# Arm Guard for cold Weather



## drk (Feb 21, 2004)

Can somoeone please recommend an arm guard brand/model for cold weather shooting? I am hoping for something that the string will slide off of and an have less impact on the shot. I have tried tape and also bending my arm more on the shot-clothes are still too bulky and the bend feels unnatural and fear I will not remember in the heat of the moment.

Last thing I want to do is wound a deer on the last few days of the season. Unfortunately,practicing with the heavy clothes does show potential arrow deflection and hope an arm guard may help???
Thanks


----------



## Pier Pressure (Dec 21, 2008)

I used this one a number of years ago and it worked great.

http://www.basspro.com/webapp/wcs/s...-E881-DE11-B712-001422107090&mr:referralID=NA


----------



## k9wernet (Oct 15, 2007)

Have you tried relaxing your grip on the bow? The bow should set in the crook of your thumb and forefinger with little or no "squeeze". A relaxed grip makes the arm bend more natural. I learned that trick this summer and shot all summer/fall without an armguard.

KW


----------



## Pier Pressure (Dec 21, 2008)

The way you hold the grip is critical to many aspects of archery including arm clearance. If a shooter gets too much of the palm of their hand into the grip their elbow will turn in toward the path of the string. 

I always run the back of the grip down the edge of the base of my thumb and try to get as much of the palm of my hand off the grip as possible.

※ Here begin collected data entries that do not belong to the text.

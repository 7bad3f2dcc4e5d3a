-- ===== src/Corpus.antt =====
-- centipede/corpus.{h,cc}: class Corpus, the inputs that the engine keeps, with their weights. The
-- random numbers of absl::Uniform are a parameter, `uniform n` being a number in [0, n).
pub mod Frontier
pub mod Weights
pub mod Weighable
pub mod Weighing
pub mod Pruning
mod Examples
use fuzztest.Common.{
  ℕ, zero, suc, ◌+◌, ◌-◌, ◌*◌, ◌/◌, Bool, true, false, not, List, [], ◌∷◌, ◌++◌, Option, none, some,
  ltb, leb, ◌==◌, if◌then◌else◌, length, min, max,
}
use fuzztest.Common.Abort.{Outcome, aborted, done, ◌>>=◌, ◌>>◌, check}
use fuzztest.Common.Bytes.{ByteArray, add64}
use fuzztest.ExecutionMetadata.{ExecutionMetadata}
use fuzztest.RunnerResult.{Stats}
use fuzztest.WeightedDistribution.{
  WeightedDistribution, weighted_distribution, add_weight, random_index, recompute_internal_state,
  remove_subset, remove_weighted_subset,
}
use fuzztest.RandomSubset.{random_weighted_subset}

pub record CorpusRecord : Type 0 where
  pub bytes : ByteArray
  pub features : List ℕ
  pub metadata : ExecutionMetadata
  pub stats : Stats

pub data WeightMethod : Type 0 where
  uniform_weights : WeightMethod
  recency : WeightMethod
  feature_rarity : WeightMethod

pub record Corpus : Type 0 where
  pub records : List CorpusRecord
  pub distribution : WeightedDistribution
  pub num_pruned : ℕ
  pub method : WeightMethod

abbrev pub corpus : WeightMethod → Corpus
corpus method = record {
  records = [];
  distribution = weighted_distribution;
  num_pruned = 0;
  method = method;
}

unfoldable pub equal_bytes : ByteArray → ByteArray → Bool
equal_bytes [] [] = true
equal_bytes [] (y ∷ ys) = false
equal_bytes (x ∷ xs) [] = false
equal_bytes (x ∷ xs) (y ∷ ys) = let rest = equal_bytes xs ys in if x == y then rest else false

-- "uniform", "recency" and "feature_rarity".
abbrev pub uniform_name : ByteArray
uniform_name = 117 ∷ 110 ∷ 105 ∷ 102 ∷ 111 ∷ 114 ∷ 109 ∷ []

abbrev pub recency_name : ByteArray
recency_name = 114 ∷ 101 ∷ 99 ∷ 101 ∷ 110 ∷ 99 ∷ 121 ∷ []

abbrev pub feature_rarity_name : ByteArray
feature_rarity_name =
    102 ∷ 101 ∷ 97 ∷ 116 ∷ 117 ∷ 114 ∷ 101 ∷ 95 ∷ 114 ∷ 97 ∷ 114 ∷ 105 ∷ 116 ∷ 121 ∷ []

unfoldable pub parse_weight_method : ByteArray → Option WeightMethod
parse_weight_method method_string =
    if equal_bytes method_string uniform_name
    then some uniform_weights
    else if equal_bytes method_string recency_name
    then some recency
    else if equal_bytes method_string feature_rarity_name
    then some feature_rarity
    else none

abbrev pub num_active : Corpus → ℕ
num_active c = length c.records

abbrev pub num_total : Corpus → ℕ
num_total c = c.num_pruned + num_active c

-- The loop of MaxAndAvgSize.
unfoldable pub max_and_total : List CorpusRecord → ℕ × ℕ
max_and_total [] = (0, 0)
max_and_total (r ∷ rs) =
    let (largest, total) = max_and_total rs in
    (max (length r.bytes) largest, length r.bytes + total)

unfoldable pub max_and_avg_size : Corpus → ℕ × ℕ
max_and_avg_size c =
    let (largest, total) = max_and_total c.records in
    if length c.records == 0 then (0, 0) else (largest, total / length c.records)

unfoldable pub add : Corpus → ByteArray → List ℕ → ExecutionMetadata → Stats → Outcome Corpus
add c bytes features metadata stats =
    check (not (length bytes == 0))
    >> check (length c.records == length c.distribution.weights)
    >> add_weight c.distribution 0
    >>= λ distribution. done (record c {
      records =
          c.records
          ++ (record { bytes = bytes; features = features; metadata = metadata; stats = stats }
              ∷ []);
      distribution = distribution;
    })

abbrev pub weighted_random : (ℕ → ℕ) → Corpus → Outcome ℕ
weighted_random uniform c = random_index uniform c.distribution

abbrev pub uniform_random : (ℕ → ℕ) → Corpus → ℕ
uniform_random uniform c = uniform (length c.records)

-- The zeros among the weights of the first `n` records; std::vector::operator[] past the weights is
-- undefined.
unfoldable pub num_zero_weights : ℕ → List ℕ → Outcome ℕ
num_zero_weights zero ws = done 0
num_zero_weights (suc n) [] = aborted
num_zero_weights (suc n) (w ∷ ws) =
    num_zero_weights n ws >>= λ zeros. done (if w == 0 then suc zeros else zeros)

-- erase(begin() + i)
unfoldable pub erase : ℕ → List ℕ → List ℕ
erase i [] = []
erase zero (x ∷ xs) = xs
erase (suc i) (x ∷ xs) = x ∷ erase i xs

-- The rest of Prune, where `subset` is what was removed from the weights.
unfoldable pub remove_records : (ℕ → ℕ) → Corpus → ℕ → List ℕ → Outcome (Corpus × ℕ)
remove_records uniform c num_zeros subset =
    let all_chosen = length subset == length c.records in
    let subset_to_remove = if all_chosen then erase (uniform (length subset)) subset else subset in
    let records = remove_subset 0 subset_to_remove c.records in
    check (if all_chosen then num_zeros == length c.records else true)
    >> check (not (length records == 0))
    >> done (
      record c {
        records = records;
        distribution = recompute_internal_state (remove_weighted_subset subset c.distribution);
        num_pruned = c.num_pruned + length subset_to_remove;
      },
      length subset_to_remove,
    )

-- The corpus and the number of removed records. `key` is the parameter of RandomWeightedSubset.
unfoldable pub prune : (ℕ → ℕ → ℕ) → (ℕ → ℕ) → Corpus → ℕ → Outcome (Corpus × ℕ)
prune key uniform c max_corpus_size =
    check (not (max_corpus_size == 0))
    >> (if ltb (length c.records) 2
        then done (c, 0)
        else (num_zero_weights (length c.records) c.distribution.weights >>= λ num_zeros.
            let target_size = min max_corpus_size (max 1 (length c.records - num_zeros)) in
            let subset = random_weighted_subset key c.distribution.weights target_size in
            remove_records uniform c num_zeros subset))
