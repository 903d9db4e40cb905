-- ===== src/Examples/Start.antt =====
-- The theorems on the start of the target process, and on GET CONFIGURATION, at concrete inputs.
use vscsi_hba.Base.{
  none, ℕ, ◌+◌, ◌%◌, ◌≡◌, ◌<◌, refl, true, List, [], ◌∷◌, some, ◌==◌, if◌then◌else◌, get_or, arith,
  inl,
}
use vscsi_hba.Scsi.Engine.{Lun, Cdb, Io, finished, exits, be16_at, be32_at}
use vscsi_hba.Scsi.Block.Transfer.{Finishes}
use vscsi_hba.Scsi.Configuration.{feature, get_configuration}
use vscsi_hba.Scsi.Configuration.Framing.{get_configuration_lem}
use vscsi_hba.Scsi.Table.{scsi_sbc_commands}
use vscsi_hba.Target.{LunData, Target, run_scsi_command}
use vscsi_hba.Target.Luns.{Files, add_lun}
use vscsi_hba.Target.Luns.Swapping.{drive, Swapped, add_lun-start_stop_unit}
use vscsi_hba.Process.Arguments.{Options, parse_arguments}
use vscsi_hba.Process.Arguments.Order.{dev_first, files_first, parse_arguments_order}
use vscsi_hba.Process.Configure.{
  Split, is_duplicate, accept_name, end_name, split_names, no_names, configure_luns,
}
use vscsi_hba.Process.Configure.Splitting.{fields, take_fields, split_names-fields}
use vscsi_hba.Process.Configure.Numbering.{HasDisk, configure_luns-HasDisk}
use vscsi_hba.Driver.State.{Ensures}
use vscsi_hba.Driver.Sessions.{get_session, hba_at, new_hba, init}
use vscsi_hba.Driver.Control.Registering.{session_for}
use vscsi_hba.Process.Start.{start}
use vscsi_hba.Process.Start.Attached.{Started, start-Started}
use vscsi_hba.Examples.Worlds.{host, env}
use vscsi_hba.Examples.Image.{Image, memory, image, lun}

parse_arguments_order_example :
    ((o : Options) × (parse_arguments (dev_first 1 0 2 (b'd' ∷ []) (b'f' ∷ [])) ≡ finished o)
      × (o.devname ≡ some (b'd' ∷ []))
      × (o.filenames ≡ some (b'f' ∷ []))
      × (o.verbose ≡ true))
    × (parse_arguments (files_first 1 0 2 (b'd' ∷ []) (b'f' ∷ [])) ≡ exits 100)
parse_arguments_order_example = parse_arguments_order 1 0 2 (b'd' ∷ []) (b'f' ∷ [])

-- Every file is there; `b` has two megabytes, the others one.
abbrev files : Files Image
files = record {
  fopen = λ name mode. some image;
  truncate = λ n f. record f { size = n };
  stat = λ name. if get_or name 0 0 == b'b' then some 2097152 else some 1048576;
  time = [];
}

-- `a,,b`
abbrev two_names : List ℕ
two_names = b'a' ∷ b',' ∷ b',' ∷ b'b' ∷ []

split_names-fields_example :
    split_names files.stat two_names no_names
    ≡ take_fields files.stat ((b'a' ∷ []) ∷ [] ∷ (b'b' ∷ []) ∷ []) no_names
split_names-fields_example = split_names-fields files.stat two_names

abbrev split : Split
split = record { fname = []; lunfiles = (b'a' ∷ []) ∷ (b'b' ∷ []) ∷ []; st_size = 2097152 }

fields_are_taken : take_fields files.stat (fields two_names) no_names ≡ finished split
unfolding end_name accept_name is_duplicate
fields_are_taken = refl

abbrev fresh_lun : ℕ → LunData Image
fresh_lun i = record { lun_data = lun; lun_fh = image; cmds = scsi_sbc_commands }

configure_luns-HasDisk_example :
    (t : Target Image) × (configure_luns files fresh_lun two_names ≡ finished t)
    × ((k : ℕ)
        → k < 2
        → HasDisk files fresh_lun 2097152 k (get_or ((b'a' ∷ []) ∷ (b'b' ∷ []) ∷ []) k []) t)
configure_luns-HasDisk_example =
    configure_luns-HasDisk files fresh_lun two_names split fields_are_taken
      ((image, refl), ((image, refl), tt))

abbrev dvd : Lun
dvd = record lun { current_profile = 0x0011; serial_number = b'1' ∷ b'2' ∷ [] }

-- Feature 0x0108, the serial number, in 24 bytes.
abbrev serial_cdb : Cdb
serial_cdb i = get_or (0x46 ∷ 0 ∷ 0x01 ∷ 0x08 ∷ 0 ∷ 0 ∷ 0 ∷ 0 ∷ 24 ∷ 0 ∷ []) i 0

abbrev io : Io Image
io = record {
  file = image;
  data_ = record { cell = λ _. 0xff; top = 0 };
  data_size = 0;
  status = 0;
}

abbrev serial : List ℕ
serial = b'1' ∷ b'2' ∷ b' ' ∷ b' ' ∷ []

has_serial : feature dvd (be16_at serial_cdb 2) ≡ some (0x03 ∷ [], serial)
unfolding feature
has_serial = refl

get_configuration_lem_example :
    Finishes
      (λ (s' : Io Image).
        (s'.status ≡ 0)
        × (s'.data_size ≡ 24)
        × (s'.file ≡ image)
        × (be32_at s'.data_.cell 0 ≡ 12)
        × (be16_at s'.data_.cell 6 ≡ 0x0011)
        × (be16_at s'.data_.cell 8 ≡ 0x0108)
        × (s'.data_.cell 11 ≡ 4)
        × (4 % 4 ≡ 0)
        × ((i : ℕ) → i < 4 → s'.data_.cell (12 + i) ≡ get_or serial i 0))
      (get_configuration memory [] dvd serial_cdb io)
get_configuration_lem_example =
    get_configuration_lem memory [] dvd serial_cdb io (0x03 ∷ []) serial (inl refl) (omega arith)
      (omega arith) has_serial

-- A target with a hard disk as LUN 0, to which a DVD-R is added as LUN 1.
abbrev target : Target Image
target = record { type = 0; targetname = []; pt_device = 0; luns = fresh_lun 0 ∷ [] }

abbrev eject_cdb : Cdb
eject_cdb i = get_or (0x1b ∷ 0 ∷ 0 ∷ 0 ∷ 2 ∷ 0 ∷ []) i 0

add_lun-start_stop_unit_example :
    Swapped
      (add_lun files (fresh_lun 1) target 1 (b'r' ∷ []) 2 0)
      1
      (drive files (fresh_lun 1) 1 0 image)
      io.data_
      (some (record image { size = 0 }))
      (run_scsi_command memory
        (add_lun files (fresh_lun 1) target 1 (b'r' ∷ []) 2 0)
        1
        eject_cdb
        io.data_
        0)
add_lun-start_stop_unit_example =
    add_lun-start_stop_unit memory files (fresh_lun 1) target 1 0 (b'r' ∷ []) image eject_cdb
      io.data_ 0 refl (omega arith) refl refl

no_sessions : (a : ℕ) → host.shost ≡ some a → hba_at a init.hbas ≡ none
unfolding init hba_at
no_sessions a e = refl

new_session : session_for host 0 (get_session 0 init.hbas) ≡ some (new_hba 7 0 host.cmnds)
unfolding session_for get_session init new_hba
new_session = refl

start-Started_example :
    Ensures
      (Finishes (Started files fresh_lun 42 (new_hba 7 0 host.cmnds) split))
      (start env 42 files fresh_lun true (dev_first 0 1 0 (b'd' ∷ []) two_names) init)
unfolding init
start-Started_example =
    start-Started env files fresh_lun 42 0 1 0 (b'd' ∷ []) two_names split (new_hba 7 0 host.cmnds)
      init fields_are_taken ((image, refl), ((image, refl), tt)) refl tt no_sessions new_session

When holding the bow this way your fingers need to be loose and your knuckles should be at roughly a 45 degree angle. This will open up a few inches of clearance for bulky clothes. Make sure you've got a wrist sling or a loop of rope holding the bow to your hand so you don't drop the bow on your follow through.

Of course any major change to equipment or archery form would best be an off season project.


----------



## drk (Feb 21, 2004)

Thanks for the response on the arm guard I will look at the one from bass pro. 
I only have the issue when shooting with bulky clothes and although I appreciate the suggestions on shooting form, I am looking for feedback on an arm guard to try because I do not want to experiment with shooting form this late in the season.


----------



## KalamazooKid (Jun 20, 2005)

I use the Realtree "sock" (green) that just slides on your arm. Works great. I don't care how you grip the bow - with a bunch of clothes, I need one!
_Posted via Mobile Device_


----------



## TrekJeff (Sep 7, 2007)

KalamazooKid said:


> I use the Realtree "sock" (green) that just slides on your arm. Works great. I don't care how you grip the bow - with a bunch of clothes, I need one!
> _Posted via Mobile Device_



Great device....it's like a nylon for your arm that will sqeeze the bulk of your coat down.


----------



## Swamp Monster (Jan 11, 2002)

KalamazooKid said:


> I use the Realtree "sock" (green) that just slides on your arm. Works great. I don't care how you grip the bow - with a bunch of clothes, I need one!
> _Posted via Mobile Device_



I use the same one...all season long. I agree, thick clothes and "hunting" form which is never ever as good as range form makes such an accessory a mandatory need imho.


----------



## Kelly Johnson (May 22, 2005)

I use duct tape
$900 bow, $150 a dozen arrows, $10 a pc broadheads, $125 sight, $140 release...and duct tape on my sleeve:lol:

It works


----------



## walleye magnet (Mar 4, 2001)

Realtree sock for me; I use it all year long. 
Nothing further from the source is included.